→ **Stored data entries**
+ + +

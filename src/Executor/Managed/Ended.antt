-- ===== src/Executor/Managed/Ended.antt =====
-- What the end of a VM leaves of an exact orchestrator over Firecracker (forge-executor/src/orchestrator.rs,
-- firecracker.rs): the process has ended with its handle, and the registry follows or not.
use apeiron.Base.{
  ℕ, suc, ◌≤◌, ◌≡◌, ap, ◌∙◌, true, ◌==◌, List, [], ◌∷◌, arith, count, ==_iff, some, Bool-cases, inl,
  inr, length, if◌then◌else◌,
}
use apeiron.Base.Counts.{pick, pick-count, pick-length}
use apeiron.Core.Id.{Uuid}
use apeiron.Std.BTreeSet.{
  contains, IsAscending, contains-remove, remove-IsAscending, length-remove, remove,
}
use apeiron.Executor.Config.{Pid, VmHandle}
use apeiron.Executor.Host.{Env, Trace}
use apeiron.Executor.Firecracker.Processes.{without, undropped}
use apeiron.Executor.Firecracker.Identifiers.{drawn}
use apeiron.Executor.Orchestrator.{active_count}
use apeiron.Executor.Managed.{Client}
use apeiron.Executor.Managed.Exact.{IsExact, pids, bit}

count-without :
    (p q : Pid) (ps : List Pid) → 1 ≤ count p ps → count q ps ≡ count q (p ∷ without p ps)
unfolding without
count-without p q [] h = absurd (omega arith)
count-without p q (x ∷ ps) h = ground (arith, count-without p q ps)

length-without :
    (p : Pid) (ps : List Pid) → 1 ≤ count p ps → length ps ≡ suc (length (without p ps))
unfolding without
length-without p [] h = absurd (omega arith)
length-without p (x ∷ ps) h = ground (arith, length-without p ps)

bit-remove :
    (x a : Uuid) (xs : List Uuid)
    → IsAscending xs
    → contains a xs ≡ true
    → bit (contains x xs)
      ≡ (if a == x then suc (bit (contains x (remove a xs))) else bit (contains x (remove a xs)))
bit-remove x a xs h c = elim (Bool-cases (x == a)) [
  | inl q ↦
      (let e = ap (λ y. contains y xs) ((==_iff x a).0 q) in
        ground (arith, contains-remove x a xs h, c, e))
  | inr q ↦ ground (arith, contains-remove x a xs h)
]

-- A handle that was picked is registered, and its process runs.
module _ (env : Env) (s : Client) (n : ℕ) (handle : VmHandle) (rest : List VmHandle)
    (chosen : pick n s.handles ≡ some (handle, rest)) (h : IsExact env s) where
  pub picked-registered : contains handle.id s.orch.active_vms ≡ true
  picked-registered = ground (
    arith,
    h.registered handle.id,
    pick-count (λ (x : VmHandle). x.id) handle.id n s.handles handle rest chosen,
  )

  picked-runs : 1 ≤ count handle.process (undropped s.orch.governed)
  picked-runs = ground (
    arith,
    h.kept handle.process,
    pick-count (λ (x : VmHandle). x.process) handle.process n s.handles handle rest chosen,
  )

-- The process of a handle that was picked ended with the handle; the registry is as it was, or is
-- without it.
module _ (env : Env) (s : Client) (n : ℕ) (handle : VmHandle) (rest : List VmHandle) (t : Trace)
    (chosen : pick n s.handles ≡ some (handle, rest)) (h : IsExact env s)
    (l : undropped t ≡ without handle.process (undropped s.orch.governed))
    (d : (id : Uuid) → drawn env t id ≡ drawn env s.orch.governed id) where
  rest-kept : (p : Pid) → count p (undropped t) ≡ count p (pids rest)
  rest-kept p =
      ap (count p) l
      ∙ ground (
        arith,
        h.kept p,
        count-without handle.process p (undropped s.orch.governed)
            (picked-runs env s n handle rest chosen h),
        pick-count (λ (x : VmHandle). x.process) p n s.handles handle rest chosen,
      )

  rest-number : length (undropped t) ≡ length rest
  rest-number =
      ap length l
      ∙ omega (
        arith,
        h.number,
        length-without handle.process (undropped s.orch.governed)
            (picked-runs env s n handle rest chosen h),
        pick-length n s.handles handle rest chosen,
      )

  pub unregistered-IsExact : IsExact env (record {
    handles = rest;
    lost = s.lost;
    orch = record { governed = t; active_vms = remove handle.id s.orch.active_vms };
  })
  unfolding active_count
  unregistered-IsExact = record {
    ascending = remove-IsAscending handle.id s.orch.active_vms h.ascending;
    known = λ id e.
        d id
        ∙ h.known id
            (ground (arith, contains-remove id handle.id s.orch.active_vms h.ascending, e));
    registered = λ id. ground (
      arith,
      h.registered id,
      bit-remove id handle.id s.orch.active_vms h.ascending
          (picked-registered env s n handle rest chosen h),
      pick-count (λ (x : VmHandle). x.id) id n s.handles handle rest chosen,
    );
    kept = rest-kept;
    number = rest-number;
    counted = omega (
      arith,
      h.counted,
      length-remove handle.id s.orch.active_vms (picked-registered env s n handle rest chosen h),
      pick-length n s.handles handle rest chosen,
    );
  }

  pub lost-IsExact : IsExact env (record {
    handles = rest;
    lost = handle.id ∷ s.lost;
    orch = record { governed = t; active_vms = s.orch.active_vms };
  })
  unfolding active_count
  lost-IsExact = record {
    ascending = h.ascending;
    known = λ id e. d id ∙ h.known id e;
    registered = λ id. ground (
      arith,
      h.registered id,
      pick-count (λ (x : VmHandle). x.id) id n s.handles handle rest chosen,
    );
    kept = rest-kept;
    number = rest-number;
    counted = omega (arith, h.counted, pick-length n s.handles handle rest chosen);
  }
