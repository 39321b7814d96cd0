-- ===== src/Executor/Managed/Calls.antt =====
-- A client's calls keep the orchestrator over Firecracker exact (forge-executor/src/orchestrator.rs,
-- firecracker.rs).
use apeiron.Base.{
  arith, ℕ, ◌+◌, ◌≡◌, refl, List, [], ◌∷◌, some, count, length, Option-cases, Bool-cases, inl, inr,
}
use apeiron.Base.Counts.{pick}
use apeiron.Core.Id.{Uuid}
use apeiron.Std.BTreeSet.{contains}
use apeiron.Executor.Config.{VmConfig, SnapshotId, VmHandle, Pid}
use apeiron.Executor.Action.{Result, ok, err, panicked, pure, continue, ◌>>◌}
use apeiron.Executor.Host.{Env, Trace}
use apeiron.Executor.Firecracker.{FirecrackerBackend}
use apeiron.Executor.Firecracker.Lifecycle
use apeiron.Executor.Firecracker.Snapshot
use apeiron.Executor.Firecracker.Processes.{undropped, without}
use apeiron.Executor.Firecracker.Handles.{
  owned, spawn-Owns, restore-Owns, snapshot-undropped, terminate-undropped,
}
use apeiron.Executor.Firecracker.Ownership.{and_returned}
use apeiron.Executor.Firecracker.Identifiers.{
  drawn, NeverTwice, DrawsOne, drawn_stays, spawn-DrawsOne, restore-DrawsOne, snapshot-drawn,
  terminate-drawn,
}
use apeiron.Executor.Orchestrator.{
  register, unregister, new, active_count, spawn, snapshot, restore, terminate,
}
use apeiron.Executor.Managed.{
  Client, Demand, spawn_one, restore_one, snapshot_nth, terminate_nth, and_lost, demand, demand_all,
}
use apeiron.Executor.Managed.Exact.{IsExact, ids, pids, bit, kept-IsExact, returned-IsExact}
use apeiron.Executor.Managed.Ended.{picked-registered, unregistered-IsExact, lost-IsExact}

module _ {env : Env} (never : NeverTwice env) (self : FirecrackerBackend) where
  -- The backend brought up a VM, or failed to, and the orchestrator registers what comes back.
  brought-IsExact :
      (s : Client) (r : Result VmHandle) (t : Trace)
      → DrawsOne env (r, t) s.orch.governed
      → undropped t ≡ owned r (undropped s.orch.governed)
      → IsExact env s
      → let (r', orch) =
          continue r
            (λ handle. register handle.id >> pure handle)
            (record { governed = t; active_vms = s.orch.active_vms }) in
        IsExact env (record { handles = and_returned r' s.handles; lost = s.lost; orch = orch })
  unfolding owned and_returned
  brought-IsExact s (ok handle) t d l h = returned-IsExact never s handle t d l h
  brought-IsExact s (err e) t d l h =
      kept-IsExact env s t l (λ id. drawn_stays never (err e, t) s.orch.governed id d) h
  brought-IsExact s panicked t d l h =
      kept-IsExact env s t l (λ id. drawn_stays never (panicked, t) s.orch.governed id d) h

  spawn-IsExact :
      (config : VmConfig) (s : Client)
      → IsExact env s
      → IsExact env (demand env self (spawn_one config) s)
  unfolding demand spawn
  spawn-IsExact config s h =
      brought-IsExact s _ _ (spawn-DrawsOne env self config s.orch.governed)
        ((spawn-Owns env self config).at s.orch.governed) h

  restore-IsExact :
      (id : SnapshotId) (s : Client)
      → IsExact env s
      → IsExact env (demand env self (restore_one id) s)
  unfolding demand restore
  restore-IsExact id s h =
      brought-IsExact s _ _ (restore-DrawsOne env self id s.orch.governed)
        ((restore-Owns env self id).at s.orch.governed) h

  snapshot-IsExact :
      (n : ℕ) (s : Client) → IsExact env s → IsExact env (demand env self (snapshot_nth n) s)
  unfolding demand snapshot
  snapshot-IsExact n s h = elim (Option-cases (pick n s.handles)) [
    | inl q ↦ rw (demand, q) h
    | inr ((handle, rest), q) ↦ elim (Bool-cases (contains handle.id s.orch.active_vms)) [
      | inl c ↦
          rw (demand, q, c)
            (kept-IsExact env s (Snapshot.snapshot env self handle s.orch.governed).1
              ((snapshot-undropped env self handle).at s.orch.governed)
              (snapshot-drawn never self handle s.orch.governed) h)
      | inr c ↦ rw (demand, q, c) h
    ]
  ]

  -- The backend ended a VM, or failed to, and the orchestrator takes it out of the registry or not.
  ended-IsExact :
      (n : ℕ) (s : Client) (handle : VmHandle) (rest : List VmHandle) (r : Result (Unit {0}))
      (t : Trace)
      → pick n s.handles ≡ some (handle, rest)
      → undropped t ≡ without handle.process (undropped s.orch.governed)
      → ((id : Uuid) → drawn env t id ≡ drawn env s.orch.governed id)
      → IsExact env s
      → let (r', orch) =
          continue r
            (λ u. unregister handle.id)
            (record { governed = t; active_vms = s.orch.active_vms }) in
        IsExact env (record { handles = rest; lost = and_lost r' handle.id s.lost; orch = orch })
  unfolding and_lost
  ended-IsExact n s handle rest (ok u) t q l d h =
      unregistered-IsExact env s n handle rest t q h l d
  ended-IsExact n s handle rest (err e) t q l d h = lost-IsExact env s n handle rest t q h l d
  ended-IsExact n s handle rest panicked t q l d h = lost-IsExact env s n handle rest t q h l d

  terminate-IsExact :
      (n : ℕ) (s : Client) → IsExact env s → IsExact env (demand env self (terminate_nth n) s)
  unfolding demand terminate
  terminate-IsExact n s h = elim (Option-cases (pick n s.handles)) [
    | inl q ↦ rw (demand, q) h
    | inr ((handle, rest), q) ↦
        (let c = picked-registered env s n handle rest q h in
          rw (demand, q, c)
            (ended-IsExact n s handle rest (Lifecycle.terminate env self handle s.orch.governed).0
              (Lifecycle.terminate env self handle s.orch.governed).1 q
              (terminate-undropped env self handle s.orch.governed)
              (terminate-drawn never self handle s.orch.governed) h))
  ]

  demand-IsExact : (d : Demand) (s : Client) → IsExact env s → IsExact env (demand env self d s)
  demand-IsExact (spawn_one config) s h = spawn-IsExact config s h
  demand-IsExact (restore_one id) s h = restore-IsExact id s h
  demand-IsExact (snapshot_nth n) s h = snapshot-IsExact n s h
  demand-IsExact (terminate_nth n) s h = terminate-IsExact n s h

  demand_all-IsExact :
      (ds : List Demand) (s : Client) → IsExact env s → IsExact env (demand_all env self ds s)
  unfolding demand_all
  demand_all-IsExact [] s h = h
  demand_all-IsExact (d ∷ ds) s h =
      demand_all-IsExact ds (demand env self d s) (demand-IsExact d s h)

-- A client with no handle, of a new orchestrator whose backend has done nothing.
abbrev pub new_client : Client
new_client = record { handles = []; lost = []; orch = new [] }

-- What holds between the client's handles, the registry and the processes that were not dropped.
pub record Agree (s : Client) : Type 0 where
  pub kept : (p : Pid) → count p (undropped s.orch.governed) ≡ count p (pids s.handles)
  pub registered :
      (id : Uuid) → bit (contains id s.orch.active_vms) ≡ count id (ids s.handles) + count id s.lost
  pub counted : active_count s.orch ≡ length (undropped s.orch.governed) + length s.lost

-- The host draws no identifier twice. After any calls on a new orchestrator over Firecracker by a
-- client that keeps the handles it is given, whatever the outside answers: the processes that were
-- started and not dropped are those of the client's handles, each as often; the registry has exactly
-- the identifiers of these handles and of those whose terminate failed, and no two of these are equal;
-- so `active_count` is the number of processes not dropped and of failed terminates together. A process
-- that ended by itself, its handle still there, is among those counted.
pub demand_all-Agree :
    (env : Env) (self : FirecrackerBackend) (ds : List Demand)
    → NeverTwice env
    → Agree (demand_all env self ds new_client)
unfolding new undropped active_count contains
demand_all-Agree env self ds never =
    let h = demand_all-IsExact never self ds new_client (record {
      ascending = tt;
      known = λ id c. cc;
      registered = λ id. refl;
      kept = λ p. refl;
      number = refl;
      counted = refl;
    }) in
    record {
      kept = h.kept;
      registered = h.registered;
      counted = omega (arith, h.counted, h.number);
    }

+ + +

Starting at the line that contains "(id : Uuid) → bit", restate word for word every line through the last one in the records above. Return nothing else.

      (id : Uuid) → bit (contains id s.orch.active_vms) ≡ count id (ids s.handles) + count id s.lost
  pub counted : active_count s.orch ≡ length (undropped s.orch.governed) + length s.lost

-- The host draws no identifier twice. After any calls on a new orchestrator over Firecracker by a
-- client that keeps the handles it is given, whatever the outside answers: the processes that were
-- started and not dropped are those of the client's handles, each as often; the registry has exactly
-- the identifiers of these handles and of those whose terminate failed, and no two of these are equal;
-- so `active_count` is the number of processes not dropped and of failed terminates together. A process
-- that ended by itself, its handle still there, is among those counted.
pub demand_all-Agree :
    (env : Env) (self : FirecrackerBackend) (ds : List Demand)
    → NeverTwice env
    → Agree (demand_all env self ds new_client)
unfolding new undropped active_count contains
demand_all-Agree env self ds never =
    let h = demand_all-IsExact never self ds new_client (record {
      ascending = tt;
      known = λ id c. cc;
      registered = λ id. refl;
      kept = λ p. refl;
      number = refl;
      counted = refl;
    }) in
    record {
      kept = h.kept;
      registered = h.registered;
      counted = omega (arith, h.counted, h.number);
    }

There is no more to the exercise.